(THE DATA)

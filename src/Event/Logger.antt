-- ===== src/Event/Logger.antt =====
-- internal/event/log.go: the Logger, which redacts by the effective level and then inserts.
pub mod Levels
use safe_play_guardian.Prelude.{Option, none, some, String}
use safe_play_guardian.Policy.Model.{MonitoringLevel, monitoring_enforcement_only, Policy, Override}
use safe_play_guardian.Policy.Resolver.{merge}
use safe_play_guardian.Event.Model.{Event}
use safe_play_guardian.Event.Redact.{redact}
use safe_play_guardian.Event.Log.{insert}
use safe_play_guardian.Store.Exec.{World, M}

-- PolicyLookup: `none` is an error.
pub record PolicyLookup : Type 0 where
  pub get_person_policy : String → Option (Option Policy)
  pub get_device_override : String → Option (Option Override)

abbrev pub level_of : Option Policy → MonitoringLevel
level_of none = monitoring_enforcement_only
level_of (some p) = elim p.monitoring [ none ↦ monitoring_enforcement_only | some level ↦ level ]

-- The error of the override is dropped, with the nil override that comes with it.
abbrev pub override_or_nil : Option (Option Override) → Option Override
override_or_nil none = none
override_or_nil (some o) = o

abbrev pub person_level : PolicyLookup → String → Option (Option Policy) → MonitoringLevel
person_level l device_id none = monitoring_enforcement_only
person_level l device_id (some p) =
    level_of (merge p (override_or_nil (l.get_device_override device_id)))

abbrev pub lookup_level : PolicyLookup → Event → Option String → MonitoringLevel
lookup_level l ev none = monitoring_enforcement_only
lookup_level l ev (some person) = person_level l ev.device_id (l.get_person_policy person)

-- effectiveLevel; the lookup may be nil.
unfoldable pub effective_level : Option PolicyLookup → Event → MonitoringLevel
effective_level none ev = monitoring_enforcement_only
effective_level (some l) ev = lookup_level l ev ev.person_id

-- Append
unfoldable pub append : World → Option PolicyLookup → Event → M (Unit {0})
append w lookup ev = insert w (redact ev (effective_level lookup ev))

(End THE DATA)
(THE DATA)

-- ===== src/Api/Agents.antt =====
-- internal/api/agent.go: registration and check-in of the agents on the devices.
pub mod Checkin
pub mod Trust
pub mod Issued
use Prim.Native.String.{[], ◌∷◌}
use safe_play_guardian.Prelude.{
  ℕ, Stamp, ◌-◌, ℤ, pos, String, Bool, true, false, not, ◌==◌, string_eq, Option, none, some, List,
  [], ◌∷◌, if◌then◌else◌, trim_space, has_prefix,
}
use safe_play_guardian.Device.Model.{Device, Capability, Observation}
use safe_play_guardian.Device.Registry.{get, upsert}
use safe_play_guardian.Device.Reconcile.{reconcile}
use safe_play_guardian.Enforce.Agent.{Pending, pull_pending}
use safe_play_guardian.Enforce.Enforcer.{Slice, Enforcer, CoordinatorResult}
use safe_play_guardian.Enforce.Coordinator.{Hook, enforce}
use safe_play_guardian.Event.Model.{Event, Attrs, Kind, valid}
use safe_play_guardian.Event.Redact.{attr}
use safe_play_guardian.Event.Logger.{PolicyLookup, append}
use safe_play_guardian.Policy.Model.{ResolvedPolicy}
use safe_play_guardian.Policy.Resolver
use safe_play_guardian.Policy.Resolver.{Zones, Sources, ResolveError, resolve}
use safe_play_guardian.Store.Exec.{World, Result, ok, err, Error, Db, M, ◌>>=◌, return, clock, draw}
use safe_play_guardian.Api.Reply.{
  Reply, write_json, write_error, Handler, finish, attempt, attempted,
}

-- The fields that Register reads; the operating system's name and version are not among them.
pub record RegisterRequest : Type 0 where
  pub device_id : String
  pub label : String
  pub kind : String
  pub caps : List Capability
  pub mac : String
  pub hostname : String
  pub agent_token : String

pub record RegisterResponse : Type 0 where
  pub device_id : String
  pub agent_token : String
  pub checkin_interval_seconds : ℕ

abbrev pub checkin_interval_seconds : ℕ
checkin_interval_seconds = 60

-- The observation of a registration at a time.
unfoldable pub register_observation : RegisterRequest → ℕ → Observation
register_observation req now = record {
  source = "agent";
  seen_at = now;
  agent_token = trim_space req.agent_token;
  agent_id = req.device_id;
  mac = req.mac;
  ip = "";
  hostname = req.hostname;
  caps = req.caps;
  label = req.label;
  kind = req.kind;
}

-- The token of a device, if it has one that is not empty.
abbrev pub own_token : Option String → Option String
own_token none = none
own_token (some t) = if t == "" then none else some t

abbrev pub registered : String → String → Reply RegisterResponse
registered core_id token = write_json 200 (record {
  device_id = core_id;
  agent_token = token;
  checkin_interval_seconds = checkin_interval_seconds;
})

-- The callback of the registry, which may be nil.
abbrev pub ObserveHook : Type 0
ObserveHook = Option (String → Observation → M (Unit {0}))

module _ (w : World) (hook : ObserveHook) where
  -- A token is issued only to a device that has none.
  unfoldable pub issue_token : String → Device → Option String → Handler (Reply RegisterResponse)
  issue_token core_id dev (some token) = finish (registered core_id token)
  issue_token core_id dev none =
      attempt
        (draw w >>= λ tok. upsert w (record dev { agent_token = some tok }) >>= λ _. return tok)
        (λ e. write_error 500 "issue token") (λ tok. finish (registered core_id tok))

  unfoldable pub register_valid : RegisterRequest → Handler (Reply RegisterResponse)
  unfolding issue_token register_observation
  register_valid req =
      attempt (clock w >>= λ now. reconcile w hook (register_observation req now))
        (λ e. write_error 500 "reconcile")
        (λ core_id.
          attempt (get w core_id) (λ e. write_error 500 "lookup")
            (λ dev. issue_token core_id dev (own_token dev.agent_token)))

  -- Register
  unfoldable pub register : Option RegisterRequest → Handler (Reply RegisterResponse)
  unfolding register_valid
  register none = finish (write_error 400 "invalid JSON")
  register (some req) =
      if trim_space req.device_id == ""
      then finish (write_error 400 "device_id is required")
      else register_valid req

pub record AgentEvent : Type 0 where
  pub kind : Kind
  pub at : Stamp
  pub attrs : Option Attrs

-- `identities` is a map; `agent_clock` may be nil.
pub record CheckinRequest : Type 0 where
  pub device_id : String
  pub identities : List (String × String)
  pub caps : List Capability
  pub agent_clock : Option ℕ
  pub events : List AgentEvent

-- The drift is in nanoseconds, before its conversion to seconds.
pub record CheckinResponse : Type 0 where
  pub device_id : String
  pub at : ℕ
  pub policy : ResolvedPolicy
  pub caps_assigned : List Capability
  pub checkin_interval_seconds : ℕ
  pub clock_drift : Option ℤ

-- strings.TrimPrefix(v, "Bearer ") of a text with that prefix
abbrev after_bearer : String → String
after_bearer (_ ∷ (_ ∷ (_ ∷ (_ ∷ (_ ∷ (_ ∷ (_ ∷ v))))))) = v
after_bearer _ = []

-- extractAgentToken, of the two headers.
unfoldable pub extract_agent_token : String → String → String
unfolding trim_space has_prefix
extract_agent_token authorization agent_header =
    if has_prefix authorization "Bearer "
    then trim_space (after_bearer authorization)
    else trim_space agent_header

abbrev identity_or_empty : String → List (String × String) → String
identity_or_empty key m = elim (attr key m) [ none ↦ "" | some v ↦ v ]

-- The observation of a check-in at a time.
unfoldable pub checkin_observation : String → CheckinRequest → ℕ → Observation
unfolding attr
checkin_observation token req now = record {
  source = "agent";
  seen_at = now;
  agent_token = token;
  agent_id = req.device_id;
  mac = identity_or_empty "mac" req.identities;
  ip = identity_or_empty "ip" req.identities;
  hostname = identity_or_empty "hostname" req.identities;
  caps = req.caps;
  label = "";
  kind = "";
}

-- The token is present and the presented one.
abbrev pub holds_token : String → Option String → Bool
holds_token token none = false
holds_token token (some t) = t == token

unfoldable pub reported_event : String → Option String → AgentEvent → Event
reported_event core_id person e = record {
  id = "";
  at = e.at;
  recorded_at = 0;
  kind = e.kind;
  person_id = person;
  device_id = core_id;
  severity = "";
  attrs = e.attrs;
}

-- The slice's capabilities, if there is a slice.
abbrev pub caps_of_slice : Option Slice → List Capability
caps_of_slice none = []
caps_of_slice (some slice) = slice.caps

(End THE DATA)

PROMPT -> Give the number of lines in the listing that hold the string "merge", and supply nothing further.

ANSWER BOX -> 2